Nightly DJ sets, sunrise meditation sessions, massage studios and a sound healing space – where gentle bell and gong ringing is used to punctuate group meditation sessions – are regular offerings. Then there’s the monthly Headonism weekend that matches big-name international guests with emerging local artists.
“As with everything at Desa, we are inspired by the Balinese philosophy of duality. It is a concept where everything has balancing,” Akili says. “We always have a balance of local and international acts, up-and-coming and established artists, music that is familiar and music that is esoteric. Having a blend of both is important to us.”
Filling a resort with furniture and appointments crafted from repurposed waste is a remarkable meeting of science, creativity and will.
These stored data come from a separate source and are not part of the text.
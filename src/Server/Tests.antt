-- ===== src/Server/Tests.antt =====
-- A run over a TZSP datagram with a timestamp tag, a tick, a timeout, and an incomplete datagram.
use tzsp_server.Prelude.{
  ◌≤◌, ◌≡◌, refl, true, false, none, some, List, [], ◌∷◌, Bytes, length, arith,
}
use tzsp_server.Prelude.Int.{pos, wrap_i64}
use tzsp_server.Prelude.Text.{codes}
use tzsp_server.Tzsp.{Packet, Tag, unix_seconds}
use tzsp_server.Decoder.{Dissection}
use tzsp_server.Netflow.{Exporter}
use tzsp_server.Pcap.{Writer}
use tzsp_server.Qingping.Export.{answered}
use tzsp_server.Server.{
  Server, Surroundings, Event, cancelled, timed_out, datagram, swept, packet_time, receive_loop,
  new_server, report,
}
use tzsp_server.Server.Streams.{datagrams, frames, netflow_ops, written}
use tzsp_server.Server.Outputs.{Outputs}
use tzsp_server.Server.Counters.{IsCounting, Counted}
use tzsp_server.Server.Statistics.{Reports, report-receive_loop}
use tzsp_server.Server.Run.{receive_loop-Outputs, receive_loop-Counted}
use tzsp_server.Server.Sent.{
  Traffic, sent, quiet, ticked, events_of, frames_sent, IsSendable, packets_sent, receive_loop-sent,
}
use tzsp_server.Server.Timestamp.{packet_time-unix_seconds}

abbrev env : Surroundings
env = record {
  received_time = pos 5;
  attempt = record { create_error = none; header_error = none };
  write_error = some (codes "disk full");
  netflow_clock = pos 6;
  netflow_moment = record {
    uptime_at = pos 6;
    secs_at = pos 6;
    nanos_at = pos 6;
    write_error = none;
  };
  upstream = record {
    json_error = λ json. none;
    request_error = λ url. none;
    respond = λ request. answered 200 [];
  };
}

abbrev dissect : Bytes → Dissection
dissect bytes = record {
  ethernet = none;
  ipv4 = some (record {
    src_ip = 10 ∷ 0 ∷ 0 ∷ 1 ∷ [];
    dst_ip = 10 ∷ 0 ∷ 0 ∷ 2 ∷ [];
    protocol = codes "UDP";
  });
  ipv6 = none;
  tcp = none;
  udp = some (record { src_port = 53; dst_port = 5353 });
  icmpv4 = false;
  icmpv6 = false;
  application = none;
  error_layer = none;
}

abbrev exporter : Exporter
exporter = record {
  collector_addr = codes "127.0.0.1:2055";
  version = pos 5;
  flow_timeout = pos 60000000000;
  active_timeout = pos 120000000000;
  flows = [];
  sequence_num = 0;
  sent = [];
  closed = false;
}

abbrev writer : Writer
writer = record {
  filename = codes "tzsp.pcap";
  max_size_mb = pos 1;
  max_backups = pos 3;
  is_open = true;
  bytes_written = 0;
}

abbrev server : Server
server = record {
  buffer_size = pos 2048;
  file_writer = none;
  pcap_writer = some writer;
  directory = λ name. none;
  netflow_exp = some exporter;
  qingping_exp = none;
  uploads = [];
  packets_received = 0;
  packets_decoded = 0;
  packets_written = 0;
}

abbrev events : List Event
events =
    datagram env (1 ∷ 0 ∷ 0 ∷ 1 ∷ 13 ∷ 4 ∷ 0 ∷ 0 ∷ 1 ∷ 2 ∷ 1 ∷ 170 ∷ 187 ∷ []) (codes "10.0.0.9")
    ∷ swept (record { clock = pos 9; now = λ k. env.netflow_moment; keys = [] })
    ∷ timed_out
    ∷ datagram env (1 ∷ 0 ∷ 0 ∷ 1 ∷ 13 ∷ []) (codes "10.0.0.9")
    ∷ cancelled
    ∷ []

server-IsCounting : IsCounting server
server-IsCounting = record {
  received_fits = omega arith;
  decoded_fits = omega arith;
  written_fits = omega arith;
}

receive_loop-Outputs_example :
    (s' : Server) × (receive_loop dissect events server ≡ some s')
    × Outputs dissect (frames 2048 events) (netflow_ops dissect 2048 events) server s'
receive_loop-Outputs_example = receive_loop-Outputs dissect events server server-IsCounting

receive_loop-Counted_example :
    (s' : Server) × (receive_loop dissect events server ≡ some s')
    × Counted (datagrams events) (frames 2048 events) server s'
    × (written (frames 2048 events) (some writer, (λ name. none)) ≤ length (frames 2048 events))
    × (length (frames 2048 events) ≤ datagrams events)
receive_loop-Counted_example = receive_loop-Counted dissect events server server-IsCounting

report-receive_loop_example :
    (s' : Server) × (receive_loop dissect events
        (new_server (pos 2048) none (some writer) (λ name. none) none none)
      ≡ some s')
    × Reports
        (datagrams events)
        (length (frames 2048 events))
        (written (frames 2048 events) (some writer, (λ name. none)))
        (report s')
unfolding datagrams
report-receive_loop_example =
    report-receive_loop dissect events (pos 2048) none (some writer) (λ name. none) none none
      (omega arith)

one_frame : length (frames 2048 events) ≡ 1
unfolding frames tzsp_server.Tzsp.decode tzsp_server.Tzsp.tag_loop tzsp_server.Tzsp.tag_round
    tzsp_server.Tzsp.remainder
one_frame = refl

abbrev tag : Tag
tag = record { typ = 13; len = 4; content = 0 ∷ 0 ∷ 1 ∷ 2 ∷ [] }

abbrev pkt : Packet
pkt = record {
  version = 1;
  typ = 0;
  protocol = 1;
  tags = tag ∷ [];
  encap_packet = 170 ∷ 187 ∷ [];
  received_time = pos 5;
  source_addr = codes "10.0.0.9";
}

packet_time-unix_seconds_example :
    (packet_time pkt ≡ unix_seconds 258) × (wrap_i64 (packet_time pkt) ≡ unix_seconds 258)
unfolding tzsp_server.Tzsp.find_tag
packet_time-unix_seconds_example = packet_time-unix_seconds pkt tag 258 [] refl refl (omega arith)

-- The packet on its way, with a tick and a timeout behind it.
abbrev traffic : List Traffic
traffic =
    sent env pkt
    ∷ ticked (record { clock = pos 9; now = λ k. env.netflow_moment; keys = [] })
    ∷ quiet
    ∷ []

pkt-IsSendable : IsSendable 2048 env pkt
unfolding tzsp_server.Tzsp.RoundTrip.encode
pkt-IsSendable = record {
  version_is = refl;
  carried = (
    record {
      long_type = record { not_end = λ e. omega arith; not_pad = λ e. omega arith };
      len_is = refl;
    },
    tt,
  );
  has_frame = omega arith;
  fits = omega arith;
  arrives = refl;
}

receive_loop-sent_example :
    (s' : Server) × (receive_loop dissect (events_of traffic) server ≡ some s')
    × Counted (packets_sent traffic) (frames_sent traffic) server s'
    × Outputs dissect (frames_sent traffic) (netflow_ops dissect 2048 (events_of traffic)) server s'
receive_loop-sent_example =
    receive_loop-sent dissect traffic server 2048 refl server-IsCounting
      (pkt-IsSendable, (tt, (tt, tt)))
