-- ===== src/Tzsp/Accessors.antt =====
-- The accessors of a packet's tags.
use tzsp_server.Prelude.{
  ℕ, ◌≡◌, ◌≢◌, refl, ap, Option, none, some, List, [], ◌∷◌, ◌++◌, All, ◌==◌, ==_iff, Bool-cases,
  inl, inr, arith,
}
use tzsp_server.Tzsp.{Tag, find_tag}

-- `tag` is the first tag of type `t`.
pub record IsFirst (t : ℕ) (tags : List Tag) (tag : Tag) : Type 0 where
  pub before : List Tag
  pub after : List Tag
  pub split : tags ≡ before ++ tag ∷ after
  pub others_before : All (λ other. other.typ ≢ t) before
  pub has_type : tag.typ ≡ t

-- What a search for a tag gives.
pub data Search (t : ℕ) (tags : List Tag) (r : Option Tag) : Type 0 where
  found : (tag : Tag) → IsFirst t tags tag → r ≡ some tag → Search t tags r
  missing : All (λ other. other.typ ≢ t) tags → r ≡ none → Search t tags r

-- `GetTag` finds the first tag of the type, and nothing exactly if no tag has the type.
pub find_tag-Search : (t : ℕ) (tags : List Tag) → Search t tags (find_tag t tags)
unfolding find_tag
find_tag-Search t [] = missing tt refl
find_tag-Search t (tag ∷ tags) = elim (Bool-cases (tag.typ == t)) [
  | inl same ↦
      found tag
        (record {
          before = [];
          after = tags;
          split = refl;
          others_before = tt;
          has_type = (==_iff tag.typ t).0 same;
        })
        (rw same refl)
  | inr other ↦
      let differs : tag.typ ≢ t = ground arith in
      elim (find_tag-Search t tags) [
        | found x first e ↦
            found x
              (record {
                before = tag ∷ first.before;
                after = first.after;
                split = ap (λ ts. tag ∷ ts) first.split;
                others_before = (differs, first.others_before);
                has_type = first.has_type;
              })
              (rw other e)
        | missing none_has e ↦ missing (differs, none_has) (rw other e)
      ]
]
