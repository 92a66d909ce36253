-- ===== src/Tzsp/Tests.antt =====
-- A packet with padding, two tags and an encapsulated packet, and what the theorems say of it.
use tzsp_server.Prelude.{◌≡◌, refl, ◌↔◌, List, [], ◌∷◌, Bytes, ok}
use tzsp_server.Prelude.Int.{pos}
use tzsp_server.Tzsp.{Tag, Packet, Time, decode, find_tag}
use tzsp_server.Tzsp.Decode.{Decodes, Answer, decode_answers, decode_iff}

abbrev frame : Bytes
frame = 1 ∷ 0 ∷ 0 ∷ 1 ∷ 0 ∷ 10 ∷ 1 ∷ 200 ∷ 13 ∷ 4 ∷ 0 ∷ 0 ∷ 1 ∷ 2 ∷ 1 ∷ 170 ∷ 187 ∷ []

abbrev sender : Bytes
sender = 10 ∷ 0 ∷ 0 ∷ 1 ∷ []

abbrev frame_tags : List Tag
frame_tags =
    record { typ = 10; len = 1; content = 200 ∷ [] }
    ∷ record { typ = 13; len = 4; content = 0 ∷ 0 ∷ 1 ∷ 2 ∷ [] }
    ∷ []

abbrev frame_packet : Packet
frame_packet = record {
  version = 1;
  typ = 0;
  protocol = 1;
  tags = frame_tags;
  encap_packet = 170 ∷ 187 ∷ [];
  received_time = pos 5;
  source_addr = sender;
}

decode_runs : decode frame sender (pos 5) ≡ ok frame_packet
unfolding decode tzsp_server.Tzsp.tag_loop tzsp_server.Tzsp.tag_round tzsp_server.Tzsp.remainder
decode_runs = refl

decode_iff_example :
    (decode frame sender (pos 5) ≡ ok frame_packet) ↔ Decodes frame sender (pos 5) frame_packet
decode_iff_example = decode_iff frame sender (pos 5) frame_packet

decode_answers_example : Answer frame sender (pos 5) (decode frame sender (pos 5))
decode_answers_example = decode_answers frame sender (pos 5)
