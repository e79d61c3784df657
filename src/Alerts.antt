-- ===== src/Alerts.antt =====
-- The alerts of dispatches in backend/app/services/analytics_service.py: a tenant's policy and its
-- preview. The modules below are the delivery to channels, the evaluation of all tenants, the incidents,
-- the runbook, the recommendations, and proofs.
pub mod Cooldown
pub mod Delivered
pub mod Evaluator
pub mod Incidents
pub mod Open
pub mod Recommendations
pub mod Rows
pub mod Runbook
pub mod Sending
pub mod Sla
pub mod Spacing
use multi_tenant_agentic_wor.Base.{
  ℕ, suc, ◌+◌, ◌-◌, ◌*◌, String, Bool, true, false, not, ◌&&◌, Option, none, some, List, [], ◌∷◌,
  ◌++◌, map, ◌==◌, if◌then◌else◌, leb, is_empty, length, take, find_where, select_where,
  update_where, count_where, contains, Result, ok, err, ◌>>=◌, nat_eq, string_eq,
}
use multi_tenant_agentic_wor.Base.Json
use multi_tenant_agentic_wor.Base.Json.{Json, Fields}
use multi_tenant_agentic_wor.Tables.{
  AlertCode, Severity, critical, warning, dispatch_paused, trigger_throttled, dead_lettered, Route,
  StoredPolicy, AlertChannel, Delivery, alert_code_eq, severity_eq,
}
use multi_tenant_agentic_wor.Store.{Tenant, World, find_tenant}
use multi_tenant_agentic_wor.Texts.{Texts, first_chars}
use multi_tenant_agentic_wor.Health.{Alert, get_dispatch_health}
use multi_tenant_agentic_wor.Automation.{stored_or, clean_message}

pub data AlertError : Type 0 where
  alert_tenant_not_found no_active_incident no_open_incident multiple_rows_found : AlertError

abbrev pub found_tenant_or {ℓ} : {A : Type ℓ} → Option A → AlertError → Result AlertError A
found_tenant_or none e = err e
found_tenant_or (some a) e = ok a

-- `DispatchAlertPolicy`.
pub record Policy : Type 0 where
  pub enabled : Bool
  pub channels : List Route
  pub severities : List Severity
  pub alert_codes : List AlertCode
  pub cooldown_minutes : ℕ

-- `_normalize_dispatch_alert_policy`.
unfoldable pub normalize_policy : StoredPolicy → Policy
normalize_policy raw = record {
  enabled = stored_or raw.enabled false;
  channels = stored_or raw.channels [];
  severities = stored_or raw.severities (critical ∷ warning ∷ []);
  alert_codes =
      stored_or raw.alert_codes (dispatch_paused ∷ trigger_throttled ∷ dead_lettered ∷ []);
  cooldown_minutes = stored_or raw.cooldown_minutes 30;
}

-- `policy.model_dump`.
abbrev pub dump_policy : Policy → StoredPolicy
dump_policy p = record {
  enabled = some p.enabled;
  channels = some p.channels;
  severities = some p.severities;
  alert_codes = some p.alert_codes;
  cooldown_minutes = some p.cooldown_minutes;
}

unfoldable pub get_alert_policy : World → ℕ → Result AlertError Policy
unfolding find_tenant normalize_policy
get_alert_policy w tenant = do
  u ← found_tenant_or (find_tenant w tenant) alert_tenant_not_found
  ok (normalize_policy u.alert_policy)

unfoldable pub update_alert_policy : World → ℕ → Policy → Result AlertError (Policy × World)
unfolding find_tenant normalize_policy
update_alert_policy w tenant p = do
  u ← found_tenant_or (find_tenant w tenant) alert_tenant_not_found
  ok (
    normalize_policy (dump_policy p),
    record w {
      tenants =
          update_where (λ v. v.id == u.id) (λ v. record v { alert_policy = dump_policy p })
            w.tenants;
    },
  )

-- `alert.severity in policy.severities and alert.code in policy.alert_codes`.
abbrev pub is_matched : Policy → Alert → Bool
is_matched p a = contains p.severities a.severity && contains p.alert_codes a.code

unfoldable pub matched_alerts : Texts → World → ℕ → ℕ → Policy → List Alert
unfolding get_dispatch_health contains
matched_alerts t w tenant hours p =
    select_where (is_matched p) (get_dispatch_health t w tenant hours).alerts

-- `DispatchAlertPolicyPreviewRoute` and `DispatchAlertPolicyPreview`.
pub record PreviewRoute : Type 0 where
  pub channel_type : String
  pub target : String
  pub codes : List AlertCode

pub record Preview : Type 0 where
  pub policy_enabled : Bool
  pub alerts : List Alert
  pub routes : List PreviewRoute

abbrev pub preview_routes : Policy → List Alert → List PreviewRoute
preview_routes p alerts =
    if p.enabled && not (is_empty alerts)
    then map
        (λ c. record {
          channel_type = c.route_type;
          target = c.target;
          codes = map (λ a. a.code) alerts;
        })
        (select_where (λ c. c.enabled) p.channels)
    else []

unfoldable pub preview_alert_policy : Texts → World → ℕ → ℕ → Result AlertError Preview
unfolding get_alert_policy matched_alerts
preview_alert_policy t w tenant hours = do
  p ← get_alert_policy w tenant
  let alerts = matched_alerts t w tenant hours p
  ok (record { policy_enabled = p.enabled; alerts = alerts; routes = preview_routes p alerts })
But making them worthy of a five-star resort takes the skill of world-class designers with a similar enthusiasm for waste minimisation.
“All of our collaborations come from organic relationships because our vision is very clear,” Akili explains. “These artists, designers and architects see our passion and what we are trying to do, and they feel like they want to be a part of that.”
Key collabs include the newly opened Potato Head Studios designed by OMA (Office for Metropolitan Architecture), furniture by British interior designer Max Lamb and tapestries from artist Faye Toogood. It’s clear Desa’s creative spirit rivals its sustainability efforts.
As I’m checking out at the end of my stay I’m handed a beaded bracelet, offered to me on a silver tray surrounded by freshly picked marigolds. The colour-specked beads are made from reconstituted plastic rescued from the water bottle lids we handed over as we arrived, bound together with elastic gathered (and cleaned) from discarded face masks. It’s a take-home reminder of Potato Head’s ethos that good times are better when they do good.
The journalist stayed as a guest of Desa Potato Head.